Here's a bit of experience I've had with a specific brand of thermostat. Every thermostat I've ever put in a car seems to open right around it's rated temp and will hold the engine temp at the rated temp going down the road and prolonged idling will creep up maybe 10 degrees from the rated temp depending on the car. The Motorad UltraStat high flow thermostats, I've used two of those over the years. They will open at the rated temp but on a colder day (65F or cooler) going down the road will run about 10 or so degrees colder than the spec unless you really put a load on the engine to get it hot or get on the freeway for a long time. If you idle in traffic it will get to its rated temp but once you're going it'll cool back off again. If it's about 65F or so degrees out or hotter then it will run at its rated temp going down the road and prolonged idling will creep up 10-15 degrees depending on how hot and humid it is outside. I put one of those in my truck years ago and didn't like it since it was being used as a daily driver year around but for one of my fun cars it seems to work very well. The first one I thought I got a bad one but apparently that's how they seem to be designed to work, never seen another brand of thermostat act like that. It does have a much larger plate that opens than a stock thermostat does. Ever seen any other brand of thermostats act like this?
I’ve seen ones that were 20-30 degrees off but that’s been extremely rare. What you’re describing though. Wow. That’s insane. Heat in an engine is a good thing. Not enough heat is as bad as too much heat. That sounds horrible!
@@MuscleCarSolutions What is weird is both are different part number 180 degree thermostats, both behave exactly the same way. I prefer it for my 390 because anything over 190 degree running temperature it starts to loose a bit of power since there is so much under hood heat from that thing. Really didn't like it for a everyday winter driver though.
I am having the same issue with a high flow dayco for my Cleveland engine it is opening 6 degrees celcuis earlier than the rating and my engine isn't up to temp except on a really hot day
I always drill a small steam hole in every thermostat sometimes two and I run the hottest thermostat my engine will allow usually 180 or 195 but most of the time I run a 195 even on my carbureted cars
Great video. My 65 chevy truck does not have a thermostat but i will after watching your video. My question to you is why does my overflow hose from radiator leak if my engine only running at 175? degrees?

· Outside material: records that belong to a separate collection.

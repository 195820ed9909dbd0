-- ===== src/LogFile/Size.antt =====
-- The size of the log file's file.
use telnet_serv.Prelude.{
  ℕ, ◌+◌, ◌*◌, ◌/◌, ◌≤◌, ◌<◌, ◌≡◌, refl, sym, subst, Bool, true, false, Option, none, some, List,
  ltb, leb, ◌==◌, arith, Bool-cases, Option-cases, inl, inr, ltb→le,
}
use telnet_serv.LogFile.{
  LogFile, ◌>>=◌, roll_per_seconds, use_file_path, open_rolled, roll_into, roll_file, rolled,
  check_period, after_append, append_unlocked, append, get_log_file_name, with_slash,
}
use telnet_serv.LogFile.Dirs.{Host}

-- `h`, with new files that are empty.
module _ (h : Host)
    (fresh : (name : List ℕ) (w : h.W) (file : h.F) (w' : h.W)
      → h.open_file name w ≡ some (file, w')
      → h.written_bytes file ≡ 0) where
  open h use {W, F, time, open_file, append_file, written_bytes}

  -- The file, if there is one, has at most n bytes.
  abbrev pub Within : ℕ → Option F → Type 0
  Within n none = Unit
  Within n (some file) = written_bytes file ≤ n

  abbrev Fits : ℕ → Option (LogFile h × W) → Type 0
  Fits n none = Unit
  Fits n (some (f, w)) = Within n f.file

  abbrev RollFits : ℕ → Option (Bool × LogFile h × W) → Type 0
  RollFits n none = Unit
  RollFits n (some (ok, f, w)) = Within n f.file

  RollFits-Fits :
      (n : ℕ) (o : Option (Bool × LogFile h × W))
      → RollFits n o
      → Fits n (o >>= λ q. some (q.1, q.2))
  RollFits-Fits n none r = tt
  RollFits-Fits n (some q) r = r

  -- A roll from a file that fits, or at a second behind that of the last roll.
  open_rolled-Within :
      (n : ℕ) (f : LogFile h) (filename : List ℕ) (now : ℕ) (w : W)
      → (ltb f.last_roll now ≡ false → Within n f.file)
      → RollFits n (open_rolled h f filename now w)
  unfolding open_rolled
  open_rolled-Within n f filename now w old = elim (Bool-cases (ltb f.last_roll now)) [
    | inl e ↦ elim (Option-cases (open_file filename w)) [
      | inl k ↦ rw (e, k) tt
      | inr ((file, w'), k) ↦ rw (e, k) (omega (arith, fresh filename w file w' k))
    ]
    | inr e ↦ rw e (old e)
  ]

  roll_into-Within :
      (n : ℕ) (used : Bool) (f : LogFile h) (w : W)
      → ((v : W) → ltb f.last_roll (time v).0 ≡ false → Within n f.file)
      → RollFits n (roll_into h used f w)
  unfolding roll_into get_log_file_name
  roll_into-Within n true f w old =
      open_rolled-Within n (record f { log_file_path = with_slash h f.log_file_path }) _ _ _ (old w)
  roll_into-Within n false f w old = open_rolled-Within n f _ _ _ (old w)

  rolled-Fits :
      (n : ℕ) (f : LogFile h) (w : W)
      → ((v : W) → ltb f.last_roll (time v).0 ≡ false → Within n f.file)
      → Fits n (rolled h f w)
  unfolding roll_file
  rolled-Fits n f w old = elim (Option-cases (use_file_path h f w)) [
    | inl e ↦ rw e tt
    | inr ((used, w'), e) ↦
        rw e (RollFits-Fits n (roll_into h used f w') (roll_into-Within n used f w' old))
  ]

  check_period-Fits :
      (n : ℕ) (file : F) (f : LogFile h) (w : W)
      → Within n f.file
      → Fits n (check_period h file f w)
  unfolding check_period
  check_period-Fits n file f w v =
      let now : ℕ = (time w).0 in
      elim (Bool-cases (now / roll_per_seconds * roll_per_seconds == f.start_of_period)) [
        | inr e ↦ rw e (rolled-Fits n f (time w).1 (λ u later. v))
        | inl e ↦ elim (Bool-cases (ltb (f.last_flush + f.flush_interval) now)) [
          | inl late ↦ rw (e, late) v
          | inr soon ↦ rw (e, soon) v
        ]
      ]

  after_append-Fits :
      (file : F) (f : LogFile h) (w : W)
      → ((v : W) → f.last_roll < (time v).0)
      → f.file ≡ some file
      → Fits f.roll_size (after_append h file f w)
  unfolding after_append
  after_append-Fits file f w clock here = elim (Bool-cases (ltb f.roll_size (written_bytes file))) [
    | inl e ↦
        rw e
          (rolled-Fits f.roll_size f w λ v late. absurd (omega (arith, clock v, ltb→le _ _ late)))
    | inr e ↦
        let fits : Within f.roll_size f.file =
          subst (Within f.roll_size) (sym here) (ltb→le f.roll_size (written_bytes file) e) in
        elim (Bool-cases (leb f.check_every_n (f.count + 1))) [
          | inl due ↦
              rw (e, due) (check_period-Fits f.roll_size file (record f { count = 0 }) w fits)
          | inr not_due ↦ rw (e, not_due) fits
        ]
  ]

  unlocked-Fits :
      (logline : List ℕ) (f : LogFile h) (w : W)
      → ((v : W) → f.last_roll < (time v).0)
      → Fits f.roll_size (append_unlocked h logline f w)
  unfolding append_unlocked
  unlocked-Fits logline f w clock = elim (Option-cases f.file) [
    | inl e ↦ simp e tt
    | inr (file, e) ↦ simp e (
        let put = append_file logline file w in
        after_append-Fits put.0 (record f { file = some put.0 }) put.1 clock refl)
  ]

  -- append, when the clock shows a second behind that of the last roll whenever it is read, and new
  -- files are empty: if it returns, the file in use has at most roll_size bytes, since one that has
  -- more is replaced.
  pub append_bounds :
      (thread_safe : Bool) (logline : List ℕ) (f f' : LogFile h) (w w' : W)
      → ((v : W) → f.last_roll < (time v).0)
      → append h thread_safe logline f w ≡ some (f', w')
      → Within f.roll_size f'.file
  unfolding append
  append_bounds true logline f f' w w' clock e =
      subst (Fits f.roll_size) e (unlocked-Fits logline f w clock)
  append_bounds false logline f f' w w' clock e =
      subst (Fits f.roll_size) e (unlocked-Fits logline f w clock)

Thanks for the info got a local part's store thermostat 180 degree in my 396 Camaro never overheats but runs about 200 degrees in traffic, wonder if I should go to the edelbrock 160 thermostat? Keep the videos coming
200 is just about perfect. That’s the number I always shoot for. It’s gotta have some heat in it. That’s how the fuel gets the better burn rate. I’d stay right where you’re at! Sounds like you’re pretty dialed in.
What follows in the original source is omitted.